Figure 8 shows the cell activity of L929 cells on the surfaces of TCPS and HSP nanocomposite hydrogels for culturing 1, 3, 5, and 7 days at 37 °C. It could be seen that, with increasing culturing time from 0 to 7 days at 37 °C, the cell activity increased on the surfaces of both TCPS and HSP nanocomposite hydrogels. But L929 cell activity on the TCPS control surface is always higher than that on HSP nanocomposite hydrogel surface regardless of culturing time. It indicates that L929 cells can adhere and proliferate on the surfaces of HSP nanocomposite hydrogel, similar with TCPS plate. Furthermore, it can be seen that, compared to pure HSP0 nanocomposite hydrogel, the incorporation of SS like HSP05-20 could accelerate cell proliferation to its surface, which is in accordance with the results obtained in Fig. 6 and 7.

Fig. 8

Cell activity on the surface of TCPS and HSP nanocomposite hydrogels using MTT assay.
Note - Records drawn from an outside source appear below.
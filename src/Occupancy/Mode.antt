-- ===== src/Occupancy/Mode.antt =====
-- What the counter reports: the most frequent of the counts.
use forge_key.Prelude.{
  ℕ, zero, suc, ◌+◌, ◌≤◌, ◌<◌, ◌≡◌, ◌≢◌, refl, true, false, List, arith, ltb, ◌==◌, length,
  length-modify, subst, sym, ◌∙◌, Bool-cases, ltb→lt, modify, ◌⊎◌, inl, inr, ◌∷◌, if◌then◌else◌, [],
}
use forge_key.Occupancy.Counter.{
  Counter, begin, votes, most_voted, calculate_stable_count, update_count,
}

-- How often a count stands in a history.
abbrev pub occurrences : ℕ → List ℕ → ℕ
occurrences i [] = 0
occurrences i (d ∷ ds) = if d == i then suc (occurrences i ds) else occurrences i ds

-- A count that no other count of 0 to 5 beats: it stands in the history at least as often as each,
-- and more often than each smaller one.
pub record IsMode (history : List ℕ) (n : ℕ) : Type 0 where
  pub in_range : n ≤ 5
  pub most : (i : ℕ) → i ≤ 5 → occurrences i history ≤ occurrences n history
  pub first : (i : ℕ) → i < n → occurrences i history < occurrences n history

-- Each count of 0 to 5 gets a vote for each of its occurrences.
votes-occurrences : (i : ℕ) (history : List ℕ) → i ≤ 5 → votes i history ≡ occurrences i history
unfolding votes
votes-occurrences i [] h = refl
votes-occurrences i (d ∷ ds) h = ground (arith, votes-occurrences i ds h)

-- A count that wins by the votes.
record IsElected (history : List ℕ) (n : ℕ) : Type 0 where
  in_range : n ≤ 5
  most : (i : ℕ) → i ≤ 5 → votes i history ≤ votes n history
  first : (i : ℕ) → i < n → votes i history < votes n history

IsElected-IsMode : (history : List ℕ) (n : ℕ) → IsElected history n → IsMode history n
IsElected-IsMode history n e = record {
  in_range = e.in_range;
  most = λ i h.
      omega
        (arith, e.most i h, votes-occurrences i history h, votes-occurrences n history e.in_range);
  first = λ i h. omega (
    arith,
    e.first i h,
    votes-occurrences i history (omega (arith, e.in_range)),
    votes-occurrences n history e.in_range,
  );
}

-- The state of the loop: the best of the counts below `i`, with its votes.
record IsBest (history : List ℕ) (i best top : ℕ) : Type 0 where
  known : top ≤ votes best history
  small : best ≤ 5
  most : (j : ℕ) → j < i → votes j history ≤ top
  first : (j : ℕ) → j < best → votes j history < top

IsBest-next :
    (history : List ℕ) (i best top : ℕ)
    → i ≤ 5
    → IsBest history i best top
    → top < votes i history
    → IsBest history (suc i) i (votes i history)
IsBest-next history i best top h b better = record {
  known = omega arith;
  small = h;
  most = λ j k. elim (lt_or_eq j i k) [
    | inl less ↦ omega (arith, b.most j less)
    | inr same ↦ subst (λ n. votes n history ≤ votes i history) (sym same) (omega arith)
  ];
  first = λ j k. omega (arith, b.most j k);
}
  where
    lt_or_eq : (j n : ℕ) → j < suc n → (j < n) ⊎ (j ≡ n)
    lt_or_eq j n k = omega arith

IsBest-same :
    (history : List ℕ) (i best top : ℕ)
    → IsBest history i best top
    → votes i history ≤ top
    → IsBest history (suc i) best top
IsBest-same history i best top b worse = record {
  known = b.known;
  small = b.small;
  most = λ j k. elim (lt_or_eq j i k) [
    | inl less ↦ b.most j less
    | inr same ↦ subst (λ n. votes n history ≤ top) (sym same) worse
  ];
  first = b.first;
}
  where
    lt_or_eq : (j n : ℕ) → j < suc n → (j < n) ⊎ (j ≡ n)
    lt_or_eq j n k = omega arith

most_voted-IsElected :
    (rounds i : ℕ) (history : List ℕ) (best top : ℕ)
    → i + rounds ≡ 6
    → IsBest history i best top
    → IsElected history (most_voted rounds i history best top)
unfolding most_voted
most_voted-IsElected zero i history best top h b = record {
  in_range = b.small;
  most = λ j k. omega (arith, b.most j (omega arith), b.known);
  first = λ j k. omega (arith, b.first j k, b.known);
}
most_voted-IsElected (suc rounds) i history best top h b =
    elim (Bool-cases (ltb top (votes i history))) [
      | inl e ↦ simp e (
          most_voted-IsElected rounds (suc i) history i (votes i history) (omega arith)
            (IsBest-next history i best top (omega arith) b (ltb→lt top (votes i history) e)))
      | inr e ↦ simp e (
          most_voted-IsElected rounds (suc i) history best top (omega arith)
            (IsBest-same history i best top b (ground arith)))
    ]

-- The stable count of a history is its mode among 0 to 5: no count of 0 to 5 stands in the history
-- more often, and each smaller one stands there less often.
pub calculate_stable_count-IsMode :
    (history : List ℕ) → IsMode history (calculate_stable_count history)
unfolding calculate_stable_count
calculate_stable_count-IsMode history = IsElected-IsMode history (calculate_stable_count history) (
    most_voted-IsElected 6 0 history 0 0 refl (record {
      known = omega arith;
      small = omega arith;
      most = λ j k. absurd (omega arith);
      first = λ j k. absurd (omega arith);
    }))

-- Five places in the history, and the next one to write among them.
pub record IsValid (c : Counter) : Type 0 where
  pub five : length c.history ≡ 5
  pub next_fits : c.history_index < 5

pub begin-IsValid : (n : ℕ) → IsValid (begin n)
unfolding begin
begin-IsValid n = record { five = refl; next_fits = omega arith }

-- An update of a valid counter keeps it valid and makes the mode of the new history the current
-- count. It reports a change exactly if the current count is another than before, and notes the
-- time just then.
pub update_count_lem :
    (now detected : ℕ) (c : Counter)
    → IsValid c
    → let t = update_count now detected c in
      IsValid t
      × IsMode t.history t.current_count
      × (((t.changed ≡ true) × (t.current_count ≢ c.current_count) × (t.last_update ≡ now))
          ⊎ ((t.changed ≡ false)
              × (t.current_count ≡ c.current_count)
              × (t.last_update ≡ c.last_update)))
unfolding update_count
update_count_lem now detected c v =
    let history = modify c.history_index (λ _. detected) c.history in
    let valid = length-modify c.history_index (λ _. detected) c.history ∙ v.five in
    let mode = calculate_stable_count-IsMode history in
    elim (Bool-cases (calculate_stable_count history == c.current_count)) [
      | inr e ↦
          simp e
            (record { five = valid; next_fits = omega arith }, mode, inl (refl, ground arith, refl))
      | inl e ↦
          let same : calculate_stable_count history ≡ c.current_count = ground arith in
          simp e (
            record { five = valid; next_fits = omega arith },
            subst (IsMode history) same mode,
            inr (refl, refl, refl),
          )
    ]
Cells were seeded at 0.5×10⁴ cells/cm² in a medium with 10% FBS. *p<0.05.

Cell detachment via temperature stimulus

As mentioned in Fig. 2, by decreasing the temperature from 37 to 15 °C, the swelling ratios of HSP nanocomposite hydrogels decrease quickly. And then the decrease in volume could accelerate the detachment of L929 cells from the surface of HSP nanocomposite hydrogels. Figure 9 shows the percentage of detached cells from the surfaces of TCPS and HSP nanocomposite hydrogels as a function of treatment time at 15 °C. As shown in Fig. 9, there were almost no L929 cells were detached from TCPS surface within 2 h because TCPS presents nothing thermo-responsive behavior. However, the L929 cells could simultaneously detach from the surface of HSP nanocomposite hydrogels by reducing temperature to below VPTT. Furthermore, in comparison with pure HSP0 hydrogel, more rapid detachment rate of HSP nanocomposite hydrogels with the incorporation of SS could be found. For example, at 0.5 h, the detachment rate of HSP0, HSP05, HSP10, HSP15 and HSP20 are 71.5, 80.4, 83.2, 85.6, and 85.0 %, respectively. In other words, high mass ratios of SS/(NIPAm+SS) could accelerate cell detachment on account of rapid temperature-sensitivity at above and below VPTT of HSP nanocomposite hydrogels.

Fig. 9

The percentage of detached cells from different surfaces as a function of incubation time at 15 °C.

Cell transshipment after lowering temperature and enzymatic digestion

Figure 10 shows the proliferation of L929 cells cultured at 37 °C and detached from the surface of HSP nanocomposite hydrogels after lowering temperature and enzymatic digestion. It is seen that, during the culturing time between day 1 and day 7, the L929 cells via lowering temperature and enzymatic digestion still alive and present good activity, and could re-grow or proliferate, similar with the results of Fig. 8. In addition, the cell activity via lowering temperature from the surface of HSP nanocomposite hydrogel is much higher than that via enzymatic digestion because the damage to L929 cells was avoided.

Fig. 10

Cell transshipment of L929 cells detached from the surface of HSP nanocomposite hydrogels after lowering temperature and enzymatic digestion.